The ability of any issuer to repay its debts as and when they fall due has always been, and remains, the paramount concern when assessing the creditworthiness of any issuer. There is nothing wrong with buying securities at the bottom of the capital structure if there is a very low risk that the issuer will default on its obligations. Similarly, there is nothing wrong with investing in a higher risk issuer if you buy securities high up in the capital structure that have a very good chance of being repaid even if the issuer goes into liquidation.

  1. Understanding the Capital Structure

An outline of a corporate structure is broadly as follows:

In the event that a company gets into financial difficulty, it is the secured creditor that has priority, typically via a fixed and floating charge over the assets of the company. This means the issuers of the senior secured debt have the highest probability of being repaid.

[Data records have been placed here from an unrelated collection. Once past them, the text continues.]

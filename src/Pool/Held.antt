-- ===== src/Pool/Held.antt =====
-- internal/pool/pool.go: an instance in the hands of its holder, under the moves of other calls.
use mathlib.Core.Path.{subst}
use spyder.Prelude.{
  ◌≡◌, ap, ◌∙◌, some, String, string_eq, lookup, lookup-insert, lookup-erase, arith, Bool-cases,
  inl, inr,
}
use spyder.Pool.{reserved, Instance, Pool}
use spyder.Pool.Sound.{
  Change, boots, hands, returns, parks, Move, quiet, disarms, arms, mints, changes, removes, Run,
  stays, goes,
}

kept_of_change : (F : Instance → Type 0) (i j : Instance) → Change F i j → i.tier ≡ reserved → F i
kept_of_change F i j (boots a b c) held = cc (a, held)
kept_of_change F i j (hands a b c) held = cc (a, held)
kept_of_change F i j (returns f a b c) held = f
kept_of_change F i j (parks a b c) held = cc (a, held)

-- A reserved instance that is not to be freed stays as it is.
pub Move-held :
    (F : Instance → Type 0) (p q : Pool) (id : String) (i : Instance)
    → Move F p q
    → lookup id p.instances ≡ some i
    → i.tier ≡ reserved
    → ¬ F i
    → lookup id q.instances ≡ some i
Move-held F p q id i (quiet ei et) found held kept = rw ei found
Move-held F p q id i (disarms k ei et) found held kept = rw ei found
Move-held F p q id i (arms k d a b ei et) found held kept = rw ei found
Move-held F p q id i (mints j gone a b ei et) found held kept =
    ground (arith, string_eq.beq_iff j.id id, lookup-insert j.id id j p.instances)
Move-held F p q id i (changes k j there same unarmed c ei et) found held kept =
    elim (Bool-cases (string_eq.beq j.id id)) [
      | inl hit ↦
          let e : k ≡ i = ground (arith, string_eq.beq_iff j.id id) in
          elim (kept (subst F e (kept_of_change F k j c (ap (λ x. x.tier) e ∙ held)))) [ ]
      | inr miss ↦ rw ei (lookup-insert j.id id j p.instances ∙ rw miss found)
    ]
Move-held F p q id i (removes k there unarmed free ei et) found held kept =
    elim (Bool-cases (string_eq.beq k.id id)) [
      | inl hit ↦
          let e : k ≡ i = ground (arith, string_eq.beq_iff k.id id) in
          elim (kept (subst F e (free (ap (λ x. x.tier) e ∙ held)))) [ ]
      | inr miss ↦ rw ei (lookup-erase k.id id p.instances ∙ rw miss found)
    ]

pub Run-held :
    (F : Instance → Type 0) (p q : Pool) (id : String) (i : Instance)
    → Run F p q
    → lookup id p.instances ≡ some i
    → i.tier ≡ reserved
    → ¬ F i
    → lookup id q.instances ≡ some i
Run-held F p _ id i stays found held kept = found
Run-held F p _ id i (goes r q m n) found held kept =
    Move-held F r q id i n (Run-held F p r id i m found held kept) held kept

If assets remain available, a liquidator will then distribute funds to creditors in accordance with the cascading priorities. Senior unsecured creditors are next to get repaid, followed by subordinated unsecured creditors. It is rare that any funds are leftover for preference shareholders or ordinary shareholders.

It follows that investors who take on more risk should be compensated for that additional risk by way of higher returns.

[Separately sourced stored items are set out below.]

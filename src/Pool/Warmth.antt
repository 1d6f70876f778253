-- ===== src/Pool/Warmth.antt =====
-- internal/pool/pool.go: Warm as a sequence of moves.
use mathlib.Core.Path.{subst}
use spyder.Prelude.{
  ℕ, zero, suc, ◌≡◌, refl, sym, ◌∙◌, false, none, some, List, String, string_eq, lookup, insert,
  lookup-insert, arith, Bool-cases, Option-cases, inl, inr,
}
use spyder.Pool.{
  available, Instance, TemplateConfig, World, Pool, reload, find_template, pick_available,
}
use spyder.Pool.Lifecycle.{with_instance, minted, mint_instance, boot_instance}
use spyder.Pool.Calls.{minted_in_turn, warm_one, warm_from, warm}
use spyder.Pool.Sound.{Run, stays, IsSound, Run-IsSound}
use spyder.Pool.Steps.{
  both, reload-Run, reload_same, Stands, booted-boots, Stands-after, boot_instance-Run, boot-cases,
  mint-cases, minted-Run,
}
use spyder.Pool.Steps.Look.{pick_available-found}

-- The `k` identifiers from the `n`-th on differ from `id`.
abbrev pub IsUnlike : World → String → ℕ → ℕ → Type 0
IsUnlike w id n zero = Unit
IsUnlike w id n (suc k) = (string_eq.beq id (w.uuid n) ≡ false) × IsUnlike w id (suc n) k

-- The `k` identifiers from the `n`-th on are new to the map, and differ.
abbrev pub AreNew : World → ℕ → ℕ → List (String × Instance) → Type 0
AreNew w n zero m = Unit
AreNew w n (suc k) m =
    (lookup (w.uuid n) m ≡ none) × IsUnlike w (w.uuid n) (suc n) k × AreNew w (suc n) k m

AreNew-insert :
    (w : World) (n k : ℕ) (i : Instance) (m : List (String × Instance))
    → IsUnlike w i.id n k
    → AreNew w n k m
    → AreNew w n k (insert i.id i m)
AreNew-insert w n zero i m d h = tt
AreNew-insert w n (suc k) i m d h =
    (lookup-insert i.id (w.uuid n) i m ∙ rw d.0 h.0, h.1, AreNew-insert w (suc n) k i m d.1 h.2)

IsUnlike-present :
    (w : World) (n k : ℕ) (i : Instance) (m : List (String × Instance))
    → lookup i.id m ≡ some i
    → AreNew w n k m
    → IsUnlike w i.id n k
IsUnlike-present w n zero i m here h = tt
IsUnlike-present w n (suc k) i m here h =
    (ground (arith, string_eq.beq_iff i.id (w.uuid n)), IsUnlike-present w (suc n) k i m here h.2)

boot_instance-AreNew :
    (w : World) (n k : ℕ) (p : Pool) (i : Instance)
    → Stands p i
    → AreNew w n k p.instances
    → AreNew w n k (boot_instance w p i).0.instances
boot_instance-AreNew w n k p i here new = elim (boot-cases w p i) [
  | inl e ↦ subst (λ x. AreNew w n k x.0.instances) (sym e) new
  | inr (j, b, e) ↦
      let same = (booted-boots w i j b).0 in
      subst (λ x. AreNew w n k x.0.instances) (sym e)
        (AreNew-insert w n k j p.instances
          (subst (λ id. IsUnlike w id n k) (sym same)
            (IsUnlike-present w n k i p.instances here new))
          new)
]

module _ (F : Instance → Type 0) (w : World) where
  boot_turn :
      (n k : ℕ) (p : Pool) (i : Instance)
      → IsSound p
      → Stands p i
      → i.tier ≡ available
      → AreNew w n k p.instances
      → Run F p (boot_instance w p i).0 × AreNew w n k (boot_instance w p i).0.instances
  boot_turn n k p i s here idle new =
      (boot_instance-Run F w p i s here idle, boot_instance-AreNew w n k p i here new)

  mint_turn :
      (n k : ℕ) (t : TemplateConfig) (p : Pool)
      → IsSound p
      → AreNew w n (suc k) p.instances
      → Run F p (minted_in_turn w (mint_instance w n p t)).0
        × AreNew w (suc n) k (minted_in_turn w (mint_instance w n p t)).0.instances
  mint_turn n k t p s new = elim (mint-cases w n p t) [
    | inl e ↦
        subst
          (λ x.
            Run F p (minted_in_turn w x).0 × AreNew w (suc n) k (minted_in_turn w x).0.instances)
          (sym e) (stays, new.2)
    | inr (d, e) ↦
        let i = minted t (w.uuid n) d (w.now n) in
        let p1 = with_instance p i in
        let first = minted-Run F p t (w.uuid n) d (w.now n) new.0 in
        let (next, fresh) =
          boot_turn (suc n) k p1 i (Run-IsSound F p p1 s first) (Stands-after p i) refl
            (AreNew-insert w (suc n) k i p.instances new.1 new.2) in
        subst
          (λ x.
            Run F p (minted_in_turn w x).0 × AreNew w (suc n) k (minted_in_turn w x).0.instances)
          (sym e) (both F p p1 _ first next, fresh)
  ]

  warm_one-Run :
      (n k : ℕ) (t : TemplateConfig) (p : Pool)
      → IsSound p
      → AreNew w n (suc k) p.instances
      → Run F p (warm_one w n t p).0 × AreNew w (suc n) k (warm_one w n t p).0.instances
  unfolding warm_one
  warm_one-Run n k t p s new = elim (Option-cases (pick_available p t.name)) [
    | inl e ↦ rw (e, warm_one) (mint_turn n k t p s new)
    | inr (i, e) ↦
        let (here, fits, idle) = pick_available-found p t.name i s e in
        rw (e, warm_one) (boot_turn (suc n) k p i s here idle new.2)
  ]

  warm_from-Run :
      (n k : ℕ) (t : TemplateConfig) (p : Pool)
      → IsSound p
      → AreNew w n k p.instances
      → Run F p (warm_from w n k t p).0
  unfolding warm_from
  warm_from-Run n zero t p s new = stays
  warm_from-Run n (suc k) t p s new =
      let p1 = (warm_one w n t p).0 in
      let (first, fresh) = warm_one-Run n k t p s new in
      elim (Bool-cases (warm_one w n t p).2) [
        | inr stop ↦ rw stop first
        | inl more ↦
            rw more (
              both F p p1 _ first (warm_from-Run (suc n) k t p1 (Run-IsSound F p p1 s first) fresh))
      ]

  pub warm-Run :
      (p : Pool) (name : String) (n : ℕ)
      → IsSound p
      → AreNew w 0 n p.instances
      → Run F p (warm w p name n).0
  unfolding warm
  warm-Run p name n s new =
      let p1 = reload w p in
      let first = reload-Run F w p in
      elim (Option-cases (find_template p1 name)) [
        | inl e ↦ rw (e, warm) first
        | inr (t, e) ↦
            rw (e, warm)
              (both F p p1 _ first (
                warm_from-Run 0 n t p1 (Run-IsSound F p p1 s first)
                  (subst (AreNew w 0 n) (sym (reload_same w p).0) new)))
      ]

Most hybrids issued fall in the lower levels of the capital structure, typically in the preference shares or subordinated debt categories. This means that the probability of a recovery in a winding up is relatively low. As a result, an assessment of credit risk is paramount.

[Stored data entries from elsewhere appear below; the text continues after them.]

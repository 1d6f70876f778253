-- ===== src/Pool/Serve.antt =====
-- internal/pool/pool.go: the pool's calls as values, and histories of them.
use spyder.Prelude.{
  ℕ, ◌≡◌, ap, ◌∙◌, Bool, true, false, some, List, [], ◌∷◌, String, string_eq, lookup, Bool-cases,
  Option-cases, inl, inr,
}
use spyder.Pool.{Instance, World, Pool, is_blank, reload, find_template, reserved}
use spyder.Pool.Calls.{acquire, release, on_linger_expired, force_shutdown, warm}
use spyder.Pool.Sound.{Run, stays, IsSound, Run-IsSound}
use spyder.Pool.Held.{Run-held}
use spyder.Pool.Steps.{both, reload-Run, reload_same}
use spyder.Pool.Acquire.{acquire_from-Run}
use spyder.Pool.Retire.{release-Run, on_linger_expired-Run}
use spyder.Pool.Drain.{force_shutdown-Run}
use spyder.Pool.Warmth.{AreNew, warm-Run}

pub data Call : Type 0 where
  acquires : String → String → Call
  releases : String → Call
  lingers : String → Call
  drains : String → Call
  warms : String → ℕ → Call

-- The pool after a call; `lingers` is the firing of a linger timer.
unfoldable pub serve : World → Pool → Call → Pool
unfolding acquire release on_linger_expired force_shutdown warm
serve w p (acquires name holder) = (acquire w p name holder).0
serve w p (releases id) = (release w p id).0
serve w p (lingers id) = on_linger_expired w p id
serve w p (drains name) = (force_shutdown w p name).0
serve w p (warms name n) = (warm w p name n).0

-- The identifiers that a call may mint are new to the pool.
abbrev pub IsServable : World → Pool → Call → Type 0
IsServable w p (acquires name holder) = AreNew w 0 1 p.instances
IsServable w p (releases id) = Unit
IsServable w p (lingers id) = Unit
IsServable w p (drains name) = Unit
IsServable w p (warms name n) = AreNew w 0 n p.instances

-- The reserved instances that a call takes from their holders: the one that is released, and those of
-- the template that is drained.
abbrev pub frees : Call → Instance → Bool
frees (releases id) i = string_eq.beq i.id id
frees (drains name) i = string_eq.beq i.template name
frees _ i = false

abbrev pub Freed : Call → Instance → Type 0
Freed c i = frees c i ≡ true

acquire-Run :
    (F : Instance → Type 0) (w : World) (p : Pool) (name holder : String)
    → IsSound p
    → AreNew w 0 1 p.instances
    → Run F p (acquire w p name holder).0
unfolding acquire
acquire-Run F w p name holder s new = elim (Bool-cases (is_blank holder)) [
  | inl blank ↦ rw (blank, acquire) stays
  | inr named ↦
      let p1 = reload w p in
      let first = reload-Run F w p in
      elim (Option-cases (find_template p1 name)) [
        | inl e ↦ rw (named, acquire) (rw e first)
        | inr (t, e) ↦
            rw (named, acquire)
              (rw e (
                both F p p1 _ first (
                  acquire_from-Run F w holder p1 t (Run-IsSound F p p1 s first)
                    (ap (lookup (w.uuid 0)) (reload_same w p).0 ∙ new.0) named)))
      ]
]

pub serve-Run :
    (w : World) (p : Pool) (c : Call) → IsSound p → IsServable w p c → Run (Freed c) p (serve w p c)
unfolding serve
serve-Run w p (acquires name holder) s new =
    acquire-Run (Freed (acquires name holder)) w p name holder s new
serve-Run w p (releases id) s new =
    release-Run (Freed (releases id)) w p id s
      (λ i h. (string_eq.beq_iff i.id id).1 (s.keyed id i h))
serve-Run w p (lingers id) s new = on_linger_expired-Run (Freed (lingers id)) w p id s
serve-Run w p (drains name) s new = force_shutdown-Run (Freed (drains name)) w name p s (λ i h. h)
serve-Run w p (warms name n) s new = warm-Run (Freed (warms name n)) w p name n s new

-- A history of calls, each with what it meets outside the pool.
unfoldable pub serve_all : Pool → List (World × Call) → Pool
unfolding serve
serve_all p [] = p
serve_all p ((w, c) ∷ cs) = serve_all (serve w p c) cs

unfoldable pub AreServable : Pool → List (World × Call) → Type 0
unfolding serve
AreServable p [] = Unit
AreServable p ((w, c) ∷ cs) = IsServable w p c × AreServable (serve w p c) cs

-- No call of the history frees the instance.
abbrev pub AreKind : Instance → List (World × Call) → Type 0
AreKind i [] = Unit
AreKind i ((w, c) ∷ cs) = (frees c i ≡ false) × AreKind i cs

-- Through every history of calls, timers included, in which minted identifiers are new, each instance
-- stands once under its own identifier, exactly the reserved instances have a holder, and linger
-- timers are pending for running instances only.
pub serve_all-IsSound :
    (p : Pool) (cs : List (World × Call)) → IsSound p → AreServable p cs → IsSound (serve_all p cs)
unfolding serve_all AreServable
serve_all-IsSound p [] s new = s
serve_all-IsSound p ((w, c) ∷ cs) s new =
    serve_all-IsSound (serve w p c) cs
      (Run-IsSound (Freed c) p (serve w p c) s (serve-Run w p c s new.0)) new.1

-- A reserved instance stays with its holder, unchanged, through every history of calls that neither
-- releases it nor drains its template: no acquisition, linger timer, eviction or warming takes it.
pub serve_all-reserved :
    (p : Pool) (cs : List (World × Call)) (id : String) (i : Instance)
    → IsSound p
    → AreServable p cs
    → lookup id p.instances ≡ some i
    → i.tier ≡ reserved
    → AreKind i cs
    → lookup id (serve_all p cs).instances ≡ some i
unfolding serve_all AreServable
serve_all-reserved p [] id i s new found held kind = found
serve_all-reserved p ((w, c) ∷ cs) id i s new found held kind =
    let run = serve-Run w p c s new.0 in
    serve_all-reserved (serve w p c) cs id i (Run-IsSound (Freed c) p (serve w p c) s run) new.1
      (Run-held (Freed c) p (serve w p c) id i run found held (λ free. cc (free, kind.0))) held
      kind.1
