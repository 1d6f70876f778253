-- ===== src/Pool/Served.antt =====
-- internal/pool/pool.go: Acquire where the executor does what it is asked.
use mathlib.Core.Path.{subst}
use Prim.Native.String.{slice}
use spyder.Prelude.{
  str_append, string_eq, ℕ, ◌≡◌, refl, sym, ◌||◌, true, false, none, some, String, lookup, arith,
  Bool-cases, Option-cases, inl, inr,
}
use spyder.Pool.{
  Instance, TemplateConfig, World, Pool, is_blank, is_ios, is_android, reload, find_template,
  pick_running, pick_available,
}
use spyder.Pool.Lifecycle.{
  minted, mint_device, mint_instance, booted, booted_as, boot_instance, mark_reserved,
  with_instance, handed_to,
}
use spyder.Pool.Calls.{Result, ok, after_mint, boot_for, mint_for, acquire_from, acquire}
use spyder.Pool.Sound.{IsSound}
use spyder.Pool.Handed.{IsHanded, acquire-IsHanded}

-- Simulators and emulators are made and booted without an error.
pub record IsWorking (w : World) : Type 0 where
  pub creates :
      (name device image : String) → (s : String) × (w.sim_create name device image ≡ some s)
  pub boots : (id : String) → w.sim_boot id ≡ true
  pub clones : (image name : String) → w.avd_clone image name ≡ true
  pub avd_boots : (name : String) → (s : String) × (w.avd_boot name ≡ some s)

abbrev IsOk : Result Instance → Type 0
IsOk r = (j : Instance) × (r ≡ ok j)

module _ (w : World) (works : IsWorking w) where
  booted-some : (i : Instance) → (j : Instance) × (booted w i ≡ some j)
  unfolding booted
  booted-some i = elim (Bool-cases (is_ios i.platform)) [
    | inl ios ↦ (booted_as i i.serial, rw (ios, works.boots i.device_id) refl)
    | inr other ↦ elim (Bool-cases (is_android i.platform)) [
      | inl android ↦
          let (s, e) = works.avd_boots i.device_id in
          (booted_as i s, rw (other, android) (rw e refl))
      | inr neither ↦ (booted_as i i.serial, rw (other, neither) refl)
    ]
  ]

  mint_device-some :
      (t : TemplateConfig) (id : String)
      → (is_ios t.platform || is_android t.platform) ≡ true
      → (d : String) × (mint_device w t id ≡ some d)
  unfolding mint_device
  mint_device-some t id known =
      let clone = str_append "spyder-pool-" (slice id 0 8) in
      elim (Bool-cases (is_ios t.platform)) [
        | inl ios ↦
            let (s, e) = works.creates clone t.device_type t.runtime_or_system_image in
            (s, rw (ios, e) refl)
        | inr other ↦
            let android : is_android t.platform ≡ true = ground arith in
            (clone, rw (other, android, works.clones t.device_type clone) refl)
      ]

  boot_for-IsOk :
      (n : ℕ) (holder : String) (p : Pool) (i : Instance) → IsOk (boot_for w n holder p i).1
  unfolding boot_for boot_instance mark_reserved
  boot_for-IsOk n holder p i =
      let (j, e) = booted-some i in (handed_to j holder (w.now n), rw (e, boot_for) refl)

  mint_for-IsOk :
      (holder : String) (p : Pool) (t : TemplateConfig)
      → (is_ios t.platform || is_android t.platform) ≡ true
      → IsOk (mint_for w holder p t).1
  unfolding mint_for mint_instance
  mint_for-IsOk holder p t known =
      let (d, e) = mint_device-some t (w.uuid 0) known in
      let i = minted t (w.uuid 0) d (w.now 0) in
      let (j, ready) = boot_for-IsOk 1 holder (with_instance p i) i in
      let made : mint_instance w 0 p t ≡ (with_instance p i, some i) = rw (e, mint_instance) refl in
      (j, subst (λ x. (after_mint w holder x).1 ≡ ok j) (sym made) ready)

  acquire_from-IsOk :
      (holder : String) (p : Pool) (t : TemplateConfig)
      → (is_ios t.platform || is_android t.platform) ≡ true
      → IsOk (acquire_from w holder p t).1
  unfolding acquire_from mark_reserved
  acquire_from-IsOk holder p t known = elim (Option-cases (pick_running p t.name)) [
    | inr (i, e) ↦ (handed_to i holder (w.now 0), rw (e, acquire_from) refl)
    | inl none_running ↦ elim (Option-cases (pick_available p t.name)) [
      | inr (i, e) ↦
          let (j, ready) = boot_for-IsOk 0 holder p i in
          (j, rw (none_running, e, acquire_from) ready)
      | inl none_idle ↦
          let (j, ready) = mint_for-IsOk holder p t known in
          (j, rw (none_running, none_idle, acquire_from) ready)
    ]
  ]

-- While the executor works, a caller with a name that asks for a configured iOS or Android template is
-- served: Acquire returns an instance of the template that it records as reserved for the caller and
-- that nobody held before. The identifier that the call may mint is new to the pool.
pub acquire-served :
    (w : World) (p : Pool) (name holder : String) (t : TemplateConfig)
    → IsWorking w
    → IsSound p
    → lookup (w.uuid 0) p.instances ≡ none
    → is_blank holder ≡ false
    → find_template (reload w p) name ≡ some t
    → (is_ios t.platform || is_android t.platform) ≡ true
    → (j : Instance) × ((acquire w p name holder).1 ≡ ok j)
      × IsHanded p (acquire w p name holder).0 name holder j
unfolding acquire
acquire-served w p name holder t works s free named known platform =
    let (j, ready) = acquire_from-IsOk w works holder (reload w p) t platform in
    let served : (acquire w p name holder).1 ≡ ok j = rw (named, acquire) (rw known ready) in
    (j, served, acquire-IsHanded w p name holder j s free served)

  1. Avoid Hybrids that do not have a fixed maturity date, have complex conversion terms or where dividends are discretionary and non-cumulative

The value of a hybrid is equivalent to the present value of its future income stream. This value falls if the hybrid does not have a fixed maturity date. Some hybrids have call dates whereby the security can be redeemed at that date subject to meeting certain conversion terms, but if not, can become perpetual. These are best avoided.

Similarly, some hybrids have relatively complex conversion terms where it is difficult to predict the likely outcome until the actual conversion date. Further, some issuers have discretion over whether or not they pay dividends to investors. This lack of certainty reduces their relative attractiveness. These are also best avoided.

  1. Carefully assess those issues that contain non-viability triggers.

Basel III is a global regulatory standard on bank capital adequacy introduced to reduce the risk of bank failures that occurred during the GFC. In Australia the principal regulator for banks and insurers is the Australian Prudential Regulation Authority (APRA). APRA is responsible for overseeing compliance of the new Basel III regulations. In essence, part of the new global standards requires banks to hold more 'tier 1 capital'. A new generation of hybrids have been issued by banks as a result which include certain loss absorption or non-viability triggers. These hybrids effectively rank as preference shares, and as such rank ahead of ordinary shares in the event of a wind up situation but junior to other unsecured creditors. However, if a nonviability clause is triggered (e.g. Tier 1 capital falls below 5.125% or issuer gets into financial distress), then the preference shares lose their priority and instead convert into ordinary shares (under a formula that most likely would result in holders receiving considerably less than the equivalent original face value) and rank alongside ordinary shareholders in a wind up. This means that the preference shares effectively have the same security as an ordinary shareholder and so should be viewed as an equity instrument rather than as a valid fixed interest alternative. As a result investors need to carefully assess whether the return provided adequately compensates them for the risk of buying the securities.

Conclusion

Hybrid securities can be complex instruments but when risks are well understood, they can play an important role in a diversified portfolio. Like all investments, it is imperative that investors assess whether the potential returns adequately compensate for the relative risk undertaken.